Ensuring that mental health gets treated with the same priority as physical health is something that you are regularly heralded for. The last two Prime Ministers were also stressing the need for this. What needs to be done to actually achieve this?
The 2012 Health and Social Care Act included a commitment to ‘parity of esteem’ between mental health and physical health. Sadly, the reality is very different. In 2014, we published the first-ever maximum waiting time standards for mental health. Until then, there was a complete mismatch between rights of access to physical health care and to mental health care.
At the same time we published a vision to introduce comprehensive maximum waiting time standards in mental health. Sadly, the government has never committed the resources to implement this and we are still a long way away from getting there. We need to make equality of access and equality of treatment a reality – not just rhetoric. This requires investment. The whole principle of early intervention is widely accepted. You get better outcomes if you act quickly. Long waiting times completely conflicts with this basic principle.

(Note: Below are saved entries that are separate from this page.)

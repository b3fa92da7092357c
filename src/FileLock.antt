-- ===== src/FileLock.antt =====
-- crates/etas_package/src/file_lock.rs on Unix: the lock on a package file, taken and given back by any
-- number of acquirers that interleave at every access to the file system. The file at the lock's path
-- is its inode; `flock` on an open file is the owner of its inode, and ends when the file is closed.
use etas.Base.{
  ℕ, zero, suc, ◌+◌, ◌<◌, Option, none, some, Bool, true, false, ◌==◌, ◌≡◌, if◌then◌else◌,
}
mod Invariant
pub mod Exclusion
pub mod Refines
pub mod Attempts

-- What the acquirers share.
pub record Disk : Type 0 where
  pub path : Option ℕ  -- the inode at the path of the lock
  pub next : ℕ  -- the inode of the next file
  pub owner : ℕ → Option ℕ  -- by inode, the acquirer that has the advisory lock

abbrev pub lock_retry_count : ℕ
lock_retry_count = 500

-- Where an acquirer stands, with the rounds of its loop that are left and the inode of its open file.
pub data Phase : Type 0 where
  idle : Phase
  trying : (rounds : ℕ) → Phase  -- head of the loop
  opened : (rounds inode : ℕ) → Phase  -- before `try_advisory_lock`
  locked : (rounds inode : ℕ) → Phase  -- before `fs::metadata(&path)`
  writing : (inode : ℕ) → Phase  -- before `write_lock_identity`
  held : (inode : ℕ) → Phase  -- the caller has the lock
  removing : (inode : ℕ) → Phase  -- in `drop`, before `remove_file`
  closing : (inode : ℕ) → Phase  -- in `drop`, before the file is closed
  timed_out : Phase
  failed : Phase

abbrev pub owned_by : ℕ → Option ℕ → (ℕ → Option ℕ) → ℕ → Option ℕ
owned_by inode who owner j = if inode == j then who else owner j

-- Closing a file on which the acquirer has the advisory lock.
unfoldable pub close : ℕ → Disk → Disk
close inode d = record d { owner = owned_by inode none d.owner }

-- `OpenOptions::new().read(true).write(true).create(true).truncate(false).open(&path)`
unfoldable pub open_file : ℕ → Disk → Option ℕ → Disk × Phase
open_file rounds d none = (record d { path = some d.next; next = d.next + 1 }, opened rounds d.next)
open_file rounds d (some inode) = (d, opened rounds inode)

-- Without the lock the file is closed, and the next round follows a sleep.
unfoldable pub try_advisory_lock : (who rounds inode : ℕ) → Disk → Option ℕ → Disk × Phase
try_advisory_lock who rounds inode d none =
    (record d { owner = owned_by inode (some who) d.owner }, locked rounds inode)
try_advisory_lock who rounds inode d (some other) = (d, trying rounds)

-- Whether the path still names the file that is locked.
unfoldable pub check_path : (rounds inode : ℕ) → Disk → Option ℕ → Disk × Phase
unfolding close
check_path rounds inode d none = (close inode d, trying rounds)
check_path rounds inode d (some current) =
    if inode == current then (d, writing inode) else (close inode d, trying rounds)

-- The test in `drop`.
unfoldable pub start_drop : ℕ → Disk → Option ℕ → Disk × Phase
start_drop inode d none = (d, closing inode)
start_drop inode d (some current) = (d, if inode == current then removing inode else closing inode)

-- The next access of an acquirer, `acquire_platform` and then `drop`.
unfoldable pub advance : ℕ → Disk → Phase → Disk × Phase
unfolding open_file try_advisory_lock check_path start_drop close
advance who d idle = (d, trying lock_retry_count)
advance who d (trying zero) = (d, timed_out)
advance who d (trying (suc rounds)) = open_file rounds d d.path
advance who d (opened rounds inode) = try_advisory_lock who rounds inode d (d.owner inode)
advance who d (locked rounds inode) = check_path rounds inode d d.path
advance who d (writing inode) = (d, held inode)
advance who d (held inode) = start_drop inode d d.path
advance who d (removing inode) = (record d { path = none }, closing inode)
advance who d (closing inode) = (close inode d, idle)
advance who d timed_out = (d, idle)
advance who d failed = (d, idle)

-- An access that fails, or a process that ends: its file is closed and nothing is removed.
unfoldable pub fail_access : Disk → Phase → Disk × Phase
unfolding close
fail_access d (locked rounds inode) = (close inode d, failed)
fail_access d (writing inode) = (close inode d, failed)
fail_access d (held inode) = (close inode d, failed)
fail_access d (removing inode) = (close inode d, failed)
fail_access d (closing inode) = (close inode d, failed)
fail_access d p = (d, failed)

pub record System : Type 0 where
  pub disk : Disk
  pub phase : ℕ → Phase

abbrev pub update : (ℕ → Phase) → ℕ → Phase → ℕ → Phase
update f i p j = if i == j then p else f j

abbrev pub moved : System → ℕ → Disk × Phase → System
moved s i r = record { disk = r.0; phase = update s.phase i r.1 }

-- Any acquirer makes its next access, or fails at it.
pub data Step (s : System) : System → Type 0 where
  step : (i : ℕ) → Step s (moved s i (advance i s.disk (s.phase i)))
  failure : (i : ℕ) → Step s (moved s i (fail_access s.disk (s.phase i)))

-- Nobody has the lock yet; there may be a lock file of an earlier owner.
abbrev pub init : Option ℕ → ℕ → System
init path next = record {
  disk = record { path = path; next = next; owner = λ _. none };
  phase = λ _. idle;
}

pub data Reach (path : Option ℕ) (next : ℕ) : System → Type 0 where
  start : Reach path next (init path next)
  later : {s t : System} → Reach path next s → Step s t → Reach path next t
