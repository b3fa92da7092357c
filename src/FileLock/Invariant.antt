-- ===== src/FileLock/Invariant.antt =====
-- What every acquirer of a file lock may rely on, kept by its own accesses and by those of the others.
use etas.Base.{
  ℕ, zero, suc, Option, some, ◌==◌, ◌≡◌, ◌≢◌, refl, ◌∙◌, arith, ==_iff, inl, inr, Bool-cases,
}
use mathlib.Core.Path.{subst}
use etas.FileLock.{
  Disk, Phase, idle, trying, opened, locked, writing, held, removing, closing, timed_out, failed,
  advance, fail_access, System, moved, Step, step, failure, Reach, start, later,
}

-- Who has the advisory lock from the phase on, and when the path must still be the owner's file.
abbrev pub IsSound : Disk → ℕ → Phase → Type 0
IsSound d who (locked rounds inode) = d.owner inode ≡ some who
IsSound d who (writing inode) = (d.owner inode ≡ some who) × (d.path ≡ some inode)
IsSound d who (held inode) = (d.owner inode ≡ some who) × (d.path ≡ some inode)
IsSound d who (removing inode) = (d.owner inode ≡ some who) × (d.path ≡ some inode)
IsSound d who (closing inode) = d.owner inode ≡ some who
IsSound d who _ = Unit {0}

advance-own :
    (i : ℕ) (d : Disk) (p : Phase) → IsSound d i p → IsSound (advance i d p).0 i (advance i d p).1
unfolding advance
advance-own i d idle h = tt
advance-own i d (trying zero) h = tt
advance-own i d (trying (suc n)) h = ground arith
advance-own i d (opened n k) h = ground arith
advance-own i d (locked n k) h = ground arith
advance-own i d (writing k) h = h
advance-own i d (held k) h = ground arith
advance-own i d (removing k) h = ground arith
advance-own i d (closing k) h = tt
advance-own i d timed_out h = tt
advance-own i d failed h = tt

-- Another acquirer's lock stays, and its file at the path.
advance_owner :
    (i j inode : ℕ) (d : Disk) (p : Phase)
    → i ≢ j
    → IsSound d i p
    → d.owner inode ≡ some j
    → (advance i d p).0.owner inode ≡ some j
unfolding advance
advance_owner i j inode d idle n h k = k
advance_owner i j inode d (trying zero) n h k = k
advance_owner i j inode d (trying (suc _)) n h k = ground arith
advance_owner i j inode d (opened _ x) n h k = ground arith
advance_owner i j inode d (locked _ x) n h k = ground arith
advance_owner i j inode d (writing x) n h k = k
advance_owner i j inode d (held x) n h k = ground arith
advance_owner i j inode d (removing x) n h k = k
advance_owner i j inode d (closing x) n h k = ground arith
advance_owner i j inode d timed_out n h k = k
advance_owner i j inode d failed n h k = k

advance_path :
    (i j inode : ℕ) (d : Disk) (p : Phase)
    → i ≢ j
    → IsSound d i p
    → d.owner inode ≡ some j
    → d.path ≡ some inode
    → (advance i d p).0.path ≡ some inode
unfolding advance
advance_path i j inode d idle n h k e = e
advance_path i j inode d (trying zero) n h k e = e
advance_path i j inode d (trying (suc _)) n h k e = ground arith
advance_path i j inode d (opened _ x) n h k e = ground arith
advance_path i j inode d (locked _ x) n h k e = ground arith
advance_path i j inode d (writing x) n h k e = e
advance_path i j inode d (held x) n h k e = ground arith
advance_path i j inode d (removing x) n h k e = ground arith
advance_path i j inode d (closing x) n h k e = ground arith
advance_path i j inode d timed_out n h k e = e
advance_path i j inode d failed n h k e = e

fail-own : (i : ℕ) (d : Disk) (p : Phase) → IsSound (fail_access d p).0 i (fail_access d p).1
unfolding fail_access
fail-own i d idle = tt
fail-own i d (trying _) = tt
fail-own i d (opened _ _) = tt
fail-own i d (locked _ x) = tt
fail-own i d (writing x) = tt
fail-own i d (held x) = tt
fail-own i d (removing x) = tt
fail-own i d (closing x) = tt
fail-own i d timed_out = tt
fail-own i d failed = tt

fail_owner :
    (i j inode : ℕ) (d : Disk) (p : Phase)
    → i ≢ j
    → IsSound d i p
    → d.owner inode ≡ some j
    → (fail_access d p).0.owner inode ≡ some j
unfolding fail_access
fail_owner i j inode d idle n h k = k
fail_owner i j inode d (trying _) n h k = k
fail_owner i j inode d (opened _ x) n h k = k
fail_owner i j inode d (locked _ x) n h k = ground arith
fail_owner i j inode d (writing x) n h k = ground arith
fail_owner i j inode d (held x) n h k = ground arith
fail_owner i j inode d (removing x) n h k = ground arith
fail_owner i j inode d (closing x) n h k = ground arith
fail_owner i j inode d timed_out n h k = k
fail_owner i j inode d failed n h k = k

fail_path : (d : Disk) (p : Phase) → (fail_access d p).0.path ≡ d.path
unfolding fail_access
fail_path d idle = refl
fail_path d (trying _) = refl
fail_path d (opened _ x) = refl
fail_path d (locked _ x) = refl
fail_path d (writing x) = refl
fail_path d (held x) = refl
fail_path d (removing x) = refl
fail_path d (closing x) = refl
fail_path d timed_out = refl
fail_path d failed = refl

kept-IsSound :
    (d d' : Disk) (j : ℕ) (q : Phase)
    → ((inode : ℕ) → d.owner inode ≡ some j → d'.owner inode ≡ some j)
    → ((inode : ℕ) → d.owner inode ≡ some j → d.path ≡ some inode → d'.path ≡ some inode)
    → IsSound d j q
    → IsSound d' j q
kept-IsSound d d' j idle o p h = tt
kept-IsSound d d' j (trying _) o p h = tt
kept-IsSound d d' j (opened _ x) o p h = tt
kept-IsSound d d' j (locked _ x) o p h = o x h
kept-IsSound d d' j (writing x) o p (h, k) = (o x h, p x h k)
kept-IsSound d d' j (held x) o p (h, k) = (o x h, p x h k)
kept-IsSound d d' j (removing x) o p (h, k) = (o x h, p x h k)
kept-IsSound d d' j (closing x) o p h = o x h
kept-IsSound d d' j timed_out o p h = tt
kept-IsSound d d' j failed o p h = tt

abbrev pub Inv : System → Type 0
Inv s = (i : ℕ) → IsSound s.disk i (s.phase i)

moved-Inv :
    (s : System) (i : ℕ) (r : Disk × Phase)
    → IsSound r.0 i r.1
    → ((j : ℕ) → i ≢ j → IsSound r.0 j (s.phase j))
    → Inv (moved s i r)
moved-Inv s i r own other j = elim (Bool-cases (i == j)) [
  | inl e ↦ rw e (subst (λ k. IsSound r.0 k r.1) ((==_iff i j).0 e) own)
  | inr e ↦ rw e (other j (λ q. absurd (ground arith)))
]

Step-Inv : {s t : System} → Step s t → Inv s → Inv t
Step-Inv {s} (step i) h =
    moved-Inv s i (advance i s.disk (s.phase i)) (advance-own i s.disk (s.phase i) (h i)) (λ j n.
      kept-IsSound s.disk (advance i s.disk (s.phase i)).0 j (s.phase j)
        (λ x k. advance_owner i j x s.disk (s.phase i) n (h i) k)
        (λ x k e. advance_path i j x s.disk (s.phase i) n (h i) k e) (h j))
Step-Inv {s} (failure i) h =
    moved-Inv s i (fail_access s.disk (s.phase i)) (fail-own i s.disk (s.phase i)) (λ j n.
      kept-IsSound s.disk (fail_access s.disk (s.phase i)).0 j (s.phase j)
        (λ x k. fail_owner i j x s.disk (s.phase i) n (h i) k)
        (λ x k e. fail_path s.disk (s.phase i) ∙ e) (h j))

pub Reach-Inv : {path : Option ℕ} {next : ℕ} {s : System} → Reach path next s → Inv s
Reach-Inv start = λ i. tt
Reach-Inv (later r st) = Step-Inv st (Reach-Inv r)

When we interviewed you in December 2016 you said that ‘pooled budgets and joint, coordinated commissioning will go a long way to solving the problems in the current system’. To what extent has the Department for Health and Social Care addressed this? And what else needs to be done to make joined up care a daily reality in the NHS?
Very little progress has been made on pooling budgets. We introduced the Better Care Fund to start the process of bringing health and care funding together but the government has not embraced this and developed it in the way that I had hoped.

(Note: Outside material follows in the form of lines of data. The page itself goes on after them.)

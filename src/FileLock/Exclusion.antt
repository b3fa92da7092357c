-- ===== src/FileLock/Exclusion.antt =====
-- No two acquirers have the lock at once, however their accesses interleave and fail.
use etas.Base.{ℕ, Option, some, Bool, true, false, ◌≡◌, ◌≢◌, sym, ap, ◌∙◌, inl, inr, Bool-cases}
use mathlib.Core.Path.{subst}
use mathlib.Core.Option.{some-injective}
use etas.FileLock.{
  Disk, Phase, idle, trying, opened, locked, writing, held, removing, closing, timed_out, failed,
  System, Reach,
}
use etas.FileLock.Invariant.{IsSound, Reach-Inv}

-- The phases in which an acquirer has the lock, or is about to remove the lock file.
abbrev pub holds : Phase → Bool
holds (writing inode) = true
holds (held inode) = true
holds (removing inode) = true
holds _ = false

holder_lem :
    (d : Disk) (i : ℕ) (p : Phase)
    → IsSound d i p
    → holds p ≡ true
    → (inode : ℕ) × (d.owner inode ≡ some i) × (d.path ≡ some inode)
holder_lem d i idle h e = absurd (cc)
holder_lem d i (trying _) h e = absurd (cc)
holder_lem d i (opened _ x) h e = absurd (cc)
holder_lem d i (locked _ x) h e = absurd (cc)
holder_lem d i (writing x) h e = (x, h.0, h.1)
holder_lem d i (held x) h e = (x, h.0, h.1)
holder_lem d i (removing x) h e = (x, h.0, h.1)
holder_lem d i (closing x) h e = absurd (cc)
holder_lem d i timed_out h e = absurd (cc)
holder_lem d i failed h e = absurd (cc)

-- However acquirers interleave at every access to the file system, fail, or end, no two of them have
-- the lock at once, and the one that has it owns the file at the path.
pub mutual_exclusion :
    {path : Option ℕ} {next : ℕ} {s : System} (i j : ℕ)
    → Reach path next s
    → holds (s.phase i) ≡ true
    → holds (s.phase j) ≡ true
    → (i ≡ j) × ((inode : ℕ) × (s.disk.path ≡ some inode) × (s.disk.owner inode ≡ some i))
mutual_exclusion {s} i j r hi hj =
    let (x, oi, pi) = holder_lem s.disk i (s.phase i) (Reach-Inv r i) hi in
    let (y, oj, pj) = holder_lem s.disk j (s.phase j) (Reach-Inv r j) hj in
    (same_owner x y oi pi oj pj, (x, pi, oi))
  where
    same_owner :
        (x y : ℕ)
        → s.disk.owner x ≡ some i
        → s.disk.path ≡ some x
        → s.disk.owner y ≡ some j
        → s.disk.path ≡ some y
        → i ≡ j
    same_owner x y oi pi oj pj =
        some-injective i j (sym oi ∙ ap s.disk.owner (some-injective x y (sym pi ∙ pj)) ∙ oj)

removing_lem :
    (d : Disk) (i : ℕ) (p : Phase) (inode : ℕ)
    → IsSound d i p
    → p ≡ removing inode
    → (d.owner inode ≡ some i) × (d.path ≡ some inode)
removing_lem d i p inode h e = subst (IsSound d i) e h

-- When an acquirer removes the file at the path, the file is its own, and no other has the lock: a lock
-- file of another owner is never removed.
pub removes_own :
    {path : Option ℕ} {next : ℕ} {s : System} (i inode : ℕ)
    → Reach path next s
    → s.phase i ≡ removing inode
    → (s.disk.path ≡ some inode)
      × (s.disk.owner inode ≡ some i)
      × ((j : ℕ) → i ≢ j → holds (s.phase j) ≡ false)
removes_own {s} i inode r e =
    let (o, p) = removing_lem s.disk i (s.phase i) inode (Reach-Inv r i) e in
    (
      p,
      o,
      λ j n. elim (Bool-cases (holds (s.phase j))) [
        | inl k ↦ absurd (n (mutual_exclusion i j r (ap holds e) k).0)
        | inr k ↦ k
      ],
    )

My view is that the government should set a date by when health and social care budgets should be completely pooled in a locality with single commissioning. Following the sort of model that is being developed in Greater Manchester seems to me to be a good way forward for other parts of the country – more devolved responsibility, more control over the finances and a greater power to determine local priorities and to make changes which will improve the health of the population in the longer term.
With Yorkshire and Humber and Thames Valley recently added to the Local Health and Care Record Exemplar scheme, do you think that one shared Local Health and Care Record for the regions of the UK is likely to work?
Yes, I think this is a vision and ambition that we should follow. Sharing data is one of the big challenges that we face and people rightly get anxious about data privacy. However, no disaster has happened as a result of sharing too much information.
Failures of care often happen because not enough information about an individual is shared between different agencies. Improved healthcare can be achieved through better sharing of information but the critical thing is that the individual should be in charge of their own data and have access to it on their smartphones and iPads.
Under the coalition government Norman Lamb served as Minister of State for Care and Support in the Department of Health. In January 2015, Norman was appointed to the Liberal Democrat General Election Cabinet as the party’s Health spokesperson. He has been the Member of Parliament for North Norfolk since 2001.